▶ [Problem details]: Below are records. Find each line in them that holds the word "contexts" and copy it.

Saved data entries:
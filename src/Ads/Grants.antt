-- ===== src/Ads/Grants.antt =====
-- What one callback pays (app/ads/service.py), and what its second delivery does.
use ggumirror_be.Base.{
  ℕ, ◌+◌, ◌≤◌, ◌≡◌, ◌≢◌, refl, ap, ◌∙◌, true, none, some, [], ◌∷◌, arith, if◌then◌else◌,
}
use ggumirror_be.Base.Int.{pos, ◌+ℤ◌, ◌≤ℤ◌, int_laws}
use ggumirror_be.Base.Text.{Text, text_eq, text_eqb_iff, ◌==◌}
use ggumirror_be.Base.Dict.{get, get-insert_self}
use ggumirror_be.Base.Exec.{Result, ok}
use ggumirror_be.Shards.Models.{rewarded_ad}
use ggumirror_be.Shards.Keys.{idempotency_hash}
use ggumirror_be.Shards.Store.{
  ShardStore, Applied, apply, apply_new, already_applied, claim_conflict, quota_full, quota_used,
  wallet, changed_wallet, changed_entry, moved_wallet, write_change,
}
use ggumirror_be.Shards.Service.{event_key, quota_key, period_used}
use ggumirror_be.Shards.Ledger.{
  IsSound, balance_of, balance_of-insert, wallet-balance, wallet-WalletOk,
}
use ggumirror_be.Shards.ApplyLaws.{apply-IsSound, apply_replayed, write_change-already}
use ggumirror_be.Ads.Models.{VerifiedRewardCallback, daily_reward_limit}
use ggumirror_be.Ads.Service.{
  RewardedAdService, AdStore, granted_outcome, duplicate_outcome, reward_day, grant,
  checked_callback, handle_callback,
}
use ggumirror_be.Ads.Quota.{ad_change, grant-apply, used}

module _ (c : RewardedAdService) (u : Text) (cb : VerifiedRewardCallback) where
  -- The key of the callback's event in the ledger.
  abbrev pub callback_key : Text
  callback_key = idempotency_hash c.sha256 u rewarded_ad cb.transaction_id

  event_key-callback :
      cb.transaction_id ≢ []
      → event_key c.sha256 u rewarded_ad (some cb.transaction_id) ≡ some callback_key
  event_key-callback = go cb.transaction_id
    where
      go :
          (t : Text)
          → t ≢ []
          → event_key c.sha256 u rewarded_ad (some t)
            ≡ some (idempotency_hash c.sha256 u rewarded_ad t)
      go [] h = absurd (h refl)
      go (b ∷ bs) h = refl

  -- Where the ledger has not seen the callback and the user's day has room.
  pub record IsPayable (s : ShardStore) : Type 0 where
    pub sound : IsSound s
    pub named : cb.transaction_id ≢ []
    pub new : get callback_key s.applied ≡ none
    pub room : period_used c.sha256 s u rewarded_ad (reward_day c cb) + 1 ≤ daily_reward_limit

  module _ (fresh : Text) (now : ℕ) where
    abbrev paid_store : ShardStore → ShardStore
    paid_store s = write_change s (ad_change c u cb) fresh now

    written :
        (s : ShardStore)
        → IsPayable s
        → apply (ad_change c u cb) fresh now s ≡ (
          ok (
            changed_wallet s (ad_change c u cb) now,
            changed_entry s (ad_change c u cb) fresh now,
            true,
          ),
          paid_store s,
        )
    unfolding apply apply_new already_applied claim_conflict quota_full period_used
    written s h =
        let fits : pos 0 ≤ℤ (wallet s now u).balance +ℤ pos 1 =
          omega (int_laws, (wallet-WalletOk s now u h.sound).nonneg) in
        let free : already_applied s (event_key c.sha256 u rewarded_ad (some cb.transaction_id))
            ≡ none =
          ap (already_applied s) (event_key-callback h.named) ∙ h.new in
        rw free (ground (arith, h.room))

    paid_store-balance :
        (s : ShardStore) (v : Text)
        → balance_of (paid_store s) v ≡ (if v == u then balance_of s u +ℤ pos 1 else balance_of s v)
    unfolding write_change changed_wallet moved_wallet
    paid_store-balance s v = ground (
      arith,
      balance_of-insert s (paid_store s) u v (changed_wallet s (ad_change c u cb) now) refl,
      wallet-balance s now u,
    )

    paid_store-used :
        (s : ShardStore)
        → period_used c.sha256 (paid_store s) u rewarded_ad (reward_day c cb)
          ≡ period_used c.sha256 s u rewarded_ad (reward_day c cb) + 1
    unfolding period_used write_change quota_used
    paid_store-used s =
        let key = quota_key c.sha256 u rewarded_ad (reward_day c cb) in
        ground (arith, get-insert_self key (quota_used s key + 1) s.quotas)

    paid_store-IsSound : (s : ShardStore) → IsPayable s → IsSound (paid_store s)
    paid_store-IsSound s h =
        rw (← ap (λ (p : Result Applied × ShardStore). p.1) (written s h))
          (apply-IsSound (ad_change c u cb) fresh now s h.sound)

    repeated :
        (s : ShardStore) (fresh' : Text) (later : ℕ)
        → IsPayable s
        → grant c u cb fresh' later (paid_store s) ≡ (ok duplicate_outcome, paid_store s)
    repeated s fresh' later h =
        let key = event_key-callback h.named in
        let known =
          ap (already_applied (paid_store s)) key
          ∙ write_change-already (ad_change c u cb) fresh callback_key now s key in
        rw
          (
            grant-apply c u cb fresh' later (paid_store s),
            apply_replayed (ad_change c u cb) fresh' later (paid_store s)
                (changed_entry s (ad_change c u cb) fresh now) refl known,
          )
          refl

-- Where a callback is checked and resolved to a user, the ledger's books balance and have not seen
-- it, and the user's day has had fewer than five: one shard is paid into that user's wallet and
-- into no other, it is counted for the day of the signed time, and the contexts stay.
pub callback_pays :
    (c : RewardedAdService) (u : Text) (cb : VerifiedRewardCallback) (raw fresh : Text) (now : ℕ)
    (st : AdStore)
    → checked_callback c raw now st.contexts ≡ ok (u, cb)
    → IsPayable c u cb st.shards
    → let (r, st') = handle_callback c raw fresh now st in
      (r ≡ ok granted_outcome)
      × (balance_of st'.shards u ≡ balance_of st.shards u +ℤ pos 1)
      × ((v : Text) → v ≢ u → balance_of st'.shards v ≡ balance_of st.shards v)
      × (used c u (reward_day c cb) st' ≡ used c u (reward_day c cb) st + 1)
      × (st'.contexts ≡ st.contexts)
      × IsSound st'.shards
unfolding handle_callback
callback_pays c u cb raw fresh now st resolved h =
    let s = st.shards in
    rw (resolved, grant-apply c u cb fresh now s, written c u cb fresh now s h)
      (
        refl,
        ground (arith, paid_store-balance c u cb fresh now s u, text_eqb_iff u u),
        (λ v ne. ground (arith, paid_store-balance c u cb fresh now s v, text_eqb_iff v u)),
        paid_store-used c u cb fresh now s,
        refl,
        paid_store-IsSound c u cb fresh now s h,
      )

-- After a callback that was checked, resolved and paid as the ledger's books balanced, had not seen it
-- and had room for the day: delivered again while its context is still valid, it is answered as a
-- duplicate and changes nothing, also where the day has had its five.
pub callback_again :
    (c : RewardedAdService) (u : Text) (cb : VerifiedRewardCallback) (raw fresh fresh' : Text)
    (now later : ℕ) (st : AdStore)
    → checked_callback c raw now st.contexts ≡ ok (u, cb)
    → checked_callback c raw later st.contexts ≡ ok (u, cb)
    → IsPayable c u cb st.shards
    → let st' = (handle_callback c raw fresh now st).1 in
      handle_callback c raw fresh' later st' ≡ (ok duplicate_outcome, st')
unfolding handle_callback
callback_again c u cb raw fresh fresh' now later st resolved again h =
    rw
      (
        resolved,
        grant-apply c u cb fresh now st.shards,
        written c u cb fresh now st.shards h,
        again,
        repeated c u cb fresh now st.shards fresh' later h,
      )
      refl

▶ [Written answer]:
-- into no other, it is counted for the day of the signed time, and the contexts stay.
    → checked_callback c raw now st.contexts ≡ ok (u, cb)
      × (st'.contexts ≡ st.contexts)
    → checked_callback c raw now st.contexts ≡ ok (u, cb)
    → checked_callback c raw later st.contexts ≡ ok (u, cb)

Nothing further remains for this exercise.